# Kauai and AA frequent flyer miles for Christmas 2011



## Cathyb (Jan 30, 2011)

Has anyone been lucky enough to get American Airlines ffmiles from LAX (or elsewhere) to LIH (Lihue, Kauai) for December 23-28, 2011?

We have been calling daily all week and being told they are not loaded yet even though the 330/331 day out timeframe is now.  Online it shows 12/25 available for 45,000/pp one way for Anytime miles  and nothing available for the cheaper one!

Tuggers - Other than calling alot, any other suggestions?  We are tempted to just keep checking for the cheaper and hoping the 'cost' drops down after a while.

Our return trip is a week after New Year's (and kids back in school) so I am guessing will be less difficult to pick up the 22,500 or 17,500 one way/pp charge.

The interesting thing is if we were flying Kauai to LAX, we could go for 17,500 miles Christmas week.  How about that for discrimination for us Californians!


----------



## CapriciousC (Jan 30, 2011)

Have you tried looking at Honolulu?  I know it's not your final destination, but over the years we've found that sometimes you have to get a bit creative with American, particularly when your dates are fixed.  My husband has about 4 million miles lifetime with them, and generally goes in looking at various options until he finds one that works for us.  We're going to Maui and Kauai this summer, and ended up booking round trip Savannah to Honolulu with AA miles, then purchasing inter-island flights on Hawaiian.  It wasn't our first choice, but it was the only way to get there in the time frame we wanted without enduring multiple 8 hour layovers.  

Hope you can find what you're looking for!


----------



## Kauai Kid (Jan 30, 2011)

AA recently changed their schedule and we can't get into Lihue mid afternoon no matter what time we leave Texas even going through Honolulu.

They have great connections into Maui but not Lihue.

Good luck.

Sterling


----------



## yeereid (Jan 30, 2011)

With FF miles, you literally have to check online everyday!  Flight availability changes daily and it may even be helpful to search for just one ticket vs two (better chances) and purchasing the second ticket.  

We're going to Kauai in late March and due to the change in AA's flight times as Sterling mentioned, we chose to fly into Honolulu and are taking a Hawaiian interisland flight in order to arrive in Lihue at a decent time.  Who wants to arrive in Hawaii at night?  American has reduced their flights to Hawaii.  We had to purchase first class interisland one way in order to get a good connection but it beats sitting in the airport for several hours.

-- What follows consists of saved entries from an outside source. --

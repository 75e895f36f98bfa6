-- ===== src/Proc/BaseJob/Tail/Last.antt =====
-- The tail of a log file is its last lines.
use mittnite.Prelude.{
  ℕ, zero, suc, ◌-◌, ◌<◌, ◌≡◌, refl, sym, ◌∙◌, ap, Bool, false, List, [], ◌∷◌, ◌++◌, map, length,
  length-append, drop, leb, arith, pos, Bool-cases, inl, inr, All,
}
use mathlib.Core.List.{append-nil, append_assoc}
use mittnite.Proc.BaseJob.Tail.{
  push_line, scan_lines, send_lines, scan_tail, seek_tail, numbered, as_held,
}

module _ {A : Type 0} where
  -- The last `n` lines.
  abbrev pub last_lines : ℕ → List A → List A
  last_lines n lines = drop (length lines - n) lines

  drop_more : (k : ℕ) (xs : List A) → drop 1 (drop k xs) ≡ drop (suc k) xs
  drop_more zero xs = refl
  drop_more (suc k) [] = refl
  drop_more (suc k) (x ∷ xs) = drop_more k xs

  drop-concat :
      (k : ℕ) (xs : List A) (a : A)
      → k < suc (length xs)
      → drop k xs ++ a ∷ [] ≡ drop k (xs ++ a ∷ [])
  drop-concat zero xs a h = refl
  drop-concat (suc k) [] a h = ground arith
  drop-concat (suc k) (x ∷ xs) a h = drop-concat k xs a (omega arith)

  length-drop : (k : ℕ) (xs : List A) → length (drop k xs) ≡ length xs - k
  length-drop zero xs = omega arith
  length-drop (suc k) [] = omega arith
  length-drop (suc k) (x ∷ xs) = length-drop k xs ∙ omega arith

  push_line-last_lines :
      (n : ℕ) (seen : List A) (a : A)
      → 0 < n
      → push_line n (last_lines n seen) a ≡ last_lines n (seen ++ a ∷ [])
  unfolding push_line
  push_line-last_lines n seen a h =
      elim (Bool-cases (leb n (length (drop (length seen - n) seen)))) [
        | inl full ↦ rw full (
            ap (λ xs. xs ++ a ∷ []) (drop_more (length seen - n) seen)
            ∙ drop-concat (suc (length seen - n)) seen a
                (ground (arith, full, length-drop (length seen - n) seen))
            ∙ ap (λ k. drop k (seen ++ a ∷ [])) {x = suc (length seen - n)}
                (ground
                  (arith, full, length-drop (length seen - n) seen, length-append seen (a ∷ []))))
        | inr room ↦ rw room (
            drop-concat (length seen - n) seen a (omega arith)
            ∙ ap (λ k. drop k (seen ++ a ∷ [])) {x = length seen - n}
                (ground
                  (arith, room, length-drop (length seen - n) seen, length-append seen (a ∷ []))))
      ]

  scan_lines-last_lines :
      (n : ℕ) (lines seen : List A)
      → 0 < n
      → scan_lines n lines (last_lines n seen) ≡ last_lines n (seen ++ lines)
  unfolding scan_lines
  scan_lines-last_lines n [] seen h = ap (last_lines n) (sym (append-nil seen))
  scan_lines-last_lines n (line ∷ lines) seen h =
      ap (scan_lines n lines) (push_line-last_lines n seen line h)
      ∙ scan_lines-last_lines n lines (seen ++ line ∷ []) h
      ∙ ap (last_lines n) (append_assoc seen (line ∷ []) lines)

  send_lines-open :
      (done : ℕ → Bool) (open_ctx : (i : ℕ) → done i ≡ false) (i : ℕ) (lines : List A)
      → send_lines done i lines ≡ lines
  unfolding send_lines
  send_lines-open done open_ctx i [] = refl
  send_lines-open done open_ctx i (line ∷ lines) =
      rw (open_ctx i) (ap (λ xs. line ∷ xs) (send_lines-open done open_ctx (suc i) lines))

module _ {A : Type 0} (held : ℕ → A → A) where
  -- The slice of each line, the first being the i-th of the file, still reads as the line.
  abbrev pub AreIntact : ℕ → List A → Type 0
  AreIntact i lines = All (λ (j, line). held j line ≡ line) (numbered i lines)

  length-numbered : (i : ℕ) (lines : List A) → length (numbered i lines) ≡ length lines
  unfolding numbered
  length-numbered i [] = refl
  length-numbered i (line ∷ lines) = ap suc (length-numbered (suc i) lines)

  map-drop :
      (k : ℕ) (xs : List (ℕ × A)) → map (as_held held) (drop k xs) ≡ drop k (map (as_held held) xs)
  map-drop zero xs = refl
  map-drop (suc k) [] = refl
  map-drop (suc k) (x ∷ xs) = map-drop k xs

  map-numbered :
      (i : ℕ) (lines : List A) → AreIntact i lines → map (as_held held) (numbered i lines) ≡ lines
  unfolding numbered as_held
  map-numbered i [] h = refl
  map-numbered i (line ∷ lines) h = cc (h.0, map-numbered (suc i) lines h.1)

  -- While the context is not cancelled, and if the slices of the lines are not overwritten by the
  -- rest of the scan, the tail of a positive length is the last lines of the file, oldest first,
  -- and all of them where there are fewer.
  pub seek_tail-last_lines :
      (n : ℕ) (done : ℕ → Bool) (lines : List A)
      → ((i : ℕ) → done i ≡ false)
      → AreIntact 0 lines
      → seek_tail (pos (suc n)) held done lines ≡ last_lines (suc n) lines
  unfolding seek_tail scan_tail
  seek_tail-last_lines n done lines open_ctx intact =
      send_lines-open done open_ctx 0
        (map (as_held held) (scan_lines (suc n) (numbered 0 lines) []))
      ∙ ap (map (as_held held)) (
          ap (scan_lines (suc n) (numbered 0 lines)) nothing_seen
          ∙ scan_lines-last_lines (suc n) (numbered 0 lines) [] (omega arith))
      ∙ map-drop (length (numbered 0 lines) - suc n) (numbered 0 lines)
      ∙ cc (length-numbered 0 lines, map-numbered 0 lines intact)
    where
      nothing_seen : [] ≡ last_lines {A = ℕ × A} (suc n) []
      nothing_seen = ap (λ k. drop k []) {x = 0} (omega arith)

Going to Kona in October and am using FF miles but again, am flying in via Maui (connecting with Hawaiian) but flying out direct from Kona.  We had no choice but to take the overnight flight back, which I prefer not to do.


----------



## Kauai Kid (Jan 30, 2011)

yeereid said:


> With FF miles, you literally have to check online everyday!  Flight availability changes daily and it may even be helpful to search for just one ticket vs two (better chances) and purchasing the second ticket.
> 
> We're going to Kauai in late March and due to the change in AA's flight times as Sterling mentioned, we chose to fly into Honolulu and are taking a Hawaiian interisland flight in order to arrive in Lihue at a decent time.  Who wants to arrive in Hawaii at night?  American has reduced their flights to Hawaii.  We had to purchase first class interisland one way in order to get a good connection but it beats sitting in the airport for several hours.
> 
> Going to Kona in October and am using FF miles but again, am flying in via Maui (connecting with Hawaiian) but flying out direct from Kona.  We had no choice but to take the overnight flight back, which I prefer not to do.

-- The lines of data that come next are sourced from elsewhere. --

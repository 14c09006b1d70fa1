-- ===== src/Pb/Tests.antt =====
-- Tests and instances for the push buffer.
use sharedgl.Layout.{valid_client_id}
use sharedgl.Pb.Offsets.{IsOwn, pb_resolve_offset-apart}
use sharedgl.Prelude.{◌≢◌, false, ◌+◌, ◌≡◌, refl, true, false, List, [], ◌∷◌, arith}
use sharedgl.Pb.{
  pb_set_client, pb_resolve_offset, pb_is_global_offset, PushBuffer, pb_push, pb_memcpy_unaligned,
  pb_realign, in_copy, in_advance, pb_can_write, pb_note_overflow, align_to_4,
}
use sharedgl.Pb.Bounds.{
  IsValid, Call, push, memcpy, memcpy_unaligned, realign, calls, Confined, calls-Confined,
}
use sharedgl.Pb.Stream.{in_mem, words_at, push_all, Streamed, push_all-Streamed}

-- Twenty bytes, none written.
abbrev pub fresh : PushBuffer
fresh = record {
  shared = λ _. 0;
  private = λ _. 0;
  in_base = 4096;
  in_cur = 0;
  in_capacity = 20;
  slot_offset = 0;
  has_client_slot = false;
  write_overflowed = false;
  using_direct_access = false;
}

fresh-IsValid : IsValid fresh
fresh-IsValid = omega arith

abbrev script : List Call
script =
    push 7
    ∷ memcpy (1 ∷ 2 ∷ 3 ∷ [])
    ∷ memcpy_unaligned (9 ∷ [])
    ∷ realign
    ∷ push 1
    ∷ push 2
    ∷ push 3
    ∷ []

calls-Confined_example : Confined fresh (calls script fresh)
calls-Confined_example = calls-Confined {b = fresh} fresh-IsValid script (omega arith)

push_all-Streamed_example :
    Streamed fresh (push_all (5 ∷ 6 ∷ 0x01020304 ∷ []) fresh) (5 ∷ 6 ∷ 0x01020304 ∷ [])
push_all-Streamed_example =
    push_all-Streamed (5 ∷ 6 ∷ 0x01020304 ∷ []) fresh (omega arith) (omega arith) (omega arith)

words_run : words_at (in_mem (push_all (5 ∷ 6 ∷ []) fresh)) 0 2 ≡ 5 ∷ 6 ∷ []
unfolding push_all pb_push in_copy in_advance pb_can_write
words_run = unfold sharedgl.Memory.read32 in refl

-- One stray byte, then the cursor is brought to the next word.
realign_run : (pb_realign (pb_memcpy_unaligned (9 ∷ []) fresh)).in_cur ≡ 4
unfolding pb_realign pb_memcpy_unaligned in_copy in_advance pb_can_write pb_note_overflow align_to_4
realign_run = refl

first-valid : valid_client_id 1 ≡ true
unfolding valid_client_id
first-valid = refl

last-valid : valid_client_id 16 ≡ true
unfolding valid_client_id
last-valid = refl

own-submit : pb_is_global_offset 0 ≡ false
unfolding pb_is_global_offset
own-submit = refl

-- Nine bytes wait in a private buffer, of which the call copies the first eight.
abbrev pending : PushBuffer
pending = record fresh { private = λ i. i + 1; in_cur = 8 }

-- The SUBMIT flags of slots 1 and 16
pb_resolve_offset-apart_example :
    IsOwn 1 (pb_set_client 1 fresh) 0
    × IsOwn 16 (pb_set_client 16 fresh) 0
    × (pb_resolve_offset (pb_set_client 1 fresh) 0 ≢ pb_resolve_offset (pb_set_client 16 fresh) 0)
pb_resolve_offset-apart_example =
    pb_resolve_offset-apart 1 16 0 0 fresh fresh first-valid last-valid (omega arith) (omega arith)
      (omega arith) own-submit own-submit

I didn't realize there were any flights to the mainland that were not overnight.  I'll have to check.  Thanks.  Sterling


----------



## Cathyb (Jan 30, 2011)

*Can we use AA ffmiles on Hawaiian Air from San Diego?*



Cathyb said:


> Has anyone been lucky enough to get American Airlines ffmiles from LAX (or elsewhere) to LIH (Lihue, Kauai) for December 23-28, 2011?
> 
> We have been calling daily all week and being told they are not loaded yet even though the 330/331 day out timeframe is now.  Online it shows 12/25 available for 45,000/pp one way for Anytime miles  and nothing available for the cheaper one!
> 
> ...



Thanks to everyone -- another question:  Trying to be creative  --will American Airlines allow us to use our ffmiles for a San Diego/Honolulu/Lihue flight?  I looked at the AAdvantage site and didn't quite understand it.  Hawaiian is a 'partner' but is it only for overseas to the Japan areas and not U.S.?


----------



## DeniseM (Jan 30, 2011)

Kauai Kid said:


> I didn't realize there were any flights to the mainland that were not overnight.  I'll have to check.  Thanks.  Sterling



There are many, many flights from CA to Hawaii that are during the day.  You would probably have to overnight in CA, or take a red-eye from CA to Texas.

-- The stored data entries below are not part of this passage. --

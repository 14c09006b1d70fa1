-- ===== src/Server/Tests.antt =====
-- Tests and instances for the server's command loop.
use sharedgl.Prelude.{
  ℕ, suc, ◌+◌, ◌<◌, ◌≡◌, arith, List, [], ◌∷◌, ◌++◌, false, none, some, refl, length,
}
use sharedgl.Commands.Cmd
use sharedgl.Commands.Objects.{create_program, delete_buffers, clear, object_words, for_each}
use sharedgl.Commands.Feedback.{bind_buffer_range, feedback_words}
use sharedgl.Commands.Values.{uniform_matrix2x3fv, value_count, value_words, command_words}
use sharedgl.Commands.Texels.{
  tex_image2_d, texel_stream, texel_words, texel_span, texture_image_words,
}
use sharedgl.Commands.SubImages.{compressed_tex_sub_image2_d, sub_image_stream}
use sharedgl.Pb.{int_to_size}
use sharedgl.Pixels.{
  first_store, get_pixel_transfer_span, row_stride, image_stride, start_offset, align_size,
  get_pixel_size, get_pixel_component_count, type_size,
}
use sharedgl.Server.Uploads.{IsUpload, IsTexels, with_data}
use sharedgl.Server.SubImages.{run-compressed_sub_image2_d}
use sharedgl.Server.{Effect, Server, run, finished}
use sharedgl.Server.Client.{
  ClientCall, gl_object, gl_feedback, gl_values, gl_texels, goodbye, swap_buffers, client_words,
  stream_words, swap_words, goodbye_words, vertexattrib4ubv_words, perform_all,
}
use sharedgl.Server.Stream.{run-stream_words, run-vertexattrib4ubv}

abbrev pub idle : Server
idle = record {
  trace = [];
  net = false;
  width = 640;
  height = 480;
  uploaded = none;
  retval = 0;
  release_client_slot = 0;
  expecting_retval = false;
  did_swap_buffers = false;
}

-- A driver that numbers its programs.
abbrev pub counting : List Effect → ℕ
counting = length

abbrev frame : List ClientCall
frame =
    gl_object (clear 16384)
    ∷ gl_object create_program
    ∷ gl_object (delete_buffers (4 ∷ 5 ∷ []))
    ∷ gl_feedback (bind_buffer_range 35982 0 4 16 64)
    ∷ swap_buffers 640 480 1 6408
    ∷ gl_values (uniform_matrix2x3fv 3 1 0) (1 ∷ 2 ∷ 3 ∷ 4 ∷ 5 ∷ 6 ∷ [])
    ∷ gl_texels first_store (tex_image2_d 3553 0 6408 1 1 0 6408 5121) (some (77 ∷ []))
    ∷ gl_texels first_store (tex_image2_d 3553 0 6408 8 8 0 6408 5121) none
    ∷ goodbye 3
    ∷ []

frame-size : length (stream_words frame) < 99
unfolding stream_words client_words object_words for_each feedback_words swap_words goodbye_words
    value_words command_words texel_stream texel_words texture_image_words
frame-size = omega arith

six : IsUpload (value_count (uniform_matrix2x3fv 3 1 0)) (1 ∷ 2 ∷ 3 ∷ 4 ∷ 5 ∷ 6 ∷ [])
unfolding value_count
six = (refl, omega arith)

texel : IsTexels first_store (tex_image2_d 3553 0 6408 1 1 0 6408 5121) (some (77 ∷ []))
unfolding texel_span get_pixel_transfer_span row_stride image_stride start_offset align_size
    get_pixel_size get_pixel_component_count type_size int_to_size
texel = (refl, omega arith)

run-stream_words_example :
    run counting 99
      (length (stream_words frame) + suc 0)
      idle
      (stream_words frame ++ (Cmd.invalid ∷ []))
    ≡ finished (perform_all counting 0 frame idle) []
run-stream_words_example =
    run-stream_words counting frame 99 idle []
      (tt, (tt, (tt, ((omega arith, omega arith), (tt, (six, (texel, (tt, (tt, tt)))))))))
      frame-size

run-vertexattrib4ubv_example :
    run counting 9 9 idle (vertexattrib4ubv_words 0 10 20 30 255 ++ (Cmd.invalid ∷ []))
    ≡ finished idle (10 ∷ 20 ∷ 30 ∷ 255 ∷ Cmd.invalid ∷ [])
run-vertexattrib4ubv_example =
    run-vertexattrib4ubv counting 9 9 10 20 30 255 idle (Cmd.invalid ∷ []) (omega arith)

-- The clearing behind is lost.
run-compressed_sub_image2_d_example :
    run counting 9 30 idle (
      sub_image_stream Cmd.compressedtexsubimage2d 2 3553 0
        (0 ∷ 0 ∷ 0 ∷ [])
        (4 ∷ 4 ∷ 0 ∷ [])
        33776
        8
        (5 ∷ 6 ∷ [])
      ++ (Cmd.clear ∷ 16384 ∷ Cmd.invalid ∷ []))
    ≡ run counting 7 30
        (with_data counting idle
          (some (5 ∷ 6 ∷ []))
          (Effect.sub_image (compressed_tex_sub_image2_d 3553 0 0 0 4 33776 Cmd.clear 16384)))
        (Cmd.invalid ∷ [])
run-compressed_sub_image2_d_example =
    run-compressed_sub_image2_d counting 3553 0 0 0 4 4 33776 8 Cmd.clear 16384 7 30 idle
      (5 ∷ 6 ∷ []) (Cmd.invalid ∷ []) refl (omega arith)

We leave CA around 9 a.m. and are in our timeshare by 3:00.


----------



## slabeaume (Jan 30, 2011)

Cathyb said:


> Thanks to everyone -- another question:  Trying to be creative  --will American Airlines allow us to use our ffmiles for a San Diego/Honolulu/Lihue flight?  I looked at the AAdvantage site and didn't quite understand it.  Hawaiian is a 'partner' but is it only for overseas to the Japan areas and not U.S.?



Unless it's recently changed, No, American does not let you go on interisland flights as part of your award travel.  

Also, AA's website says the 17,500 mile awards to/FROM Hawaii are only offered Off-peak dates:
Hawaii: Jan. 12 - Mar. 8; Aug. 22 - Dec. 15

I would imagine if they had it for 22,000 miles, someone was on the computer all night waiting for it to be loaded and took it.  I can see online that award tickets are loaded up through the 27th as of now.  Availability does change frequently, though, so keep checking.  Just don't count on the 35,000 mile rt award.

According to the Hawaiian Airline site: Redeem: AAdvantage members can redeem their AAdvantage miles for tickets on all Hawaiian Airlines flights. Contact American Airlines to make arrangements.


----------



## MuranoJo (Jan 30, 2011)

DeniseM said:


> There are many, many flights from CA to Hawaii that are during the day.  You would probably have to overnight in CA, or take a red-eye from CA to Texas.
> 
> We leave CA around 9 a.m. and are in our timeshare by 3:00.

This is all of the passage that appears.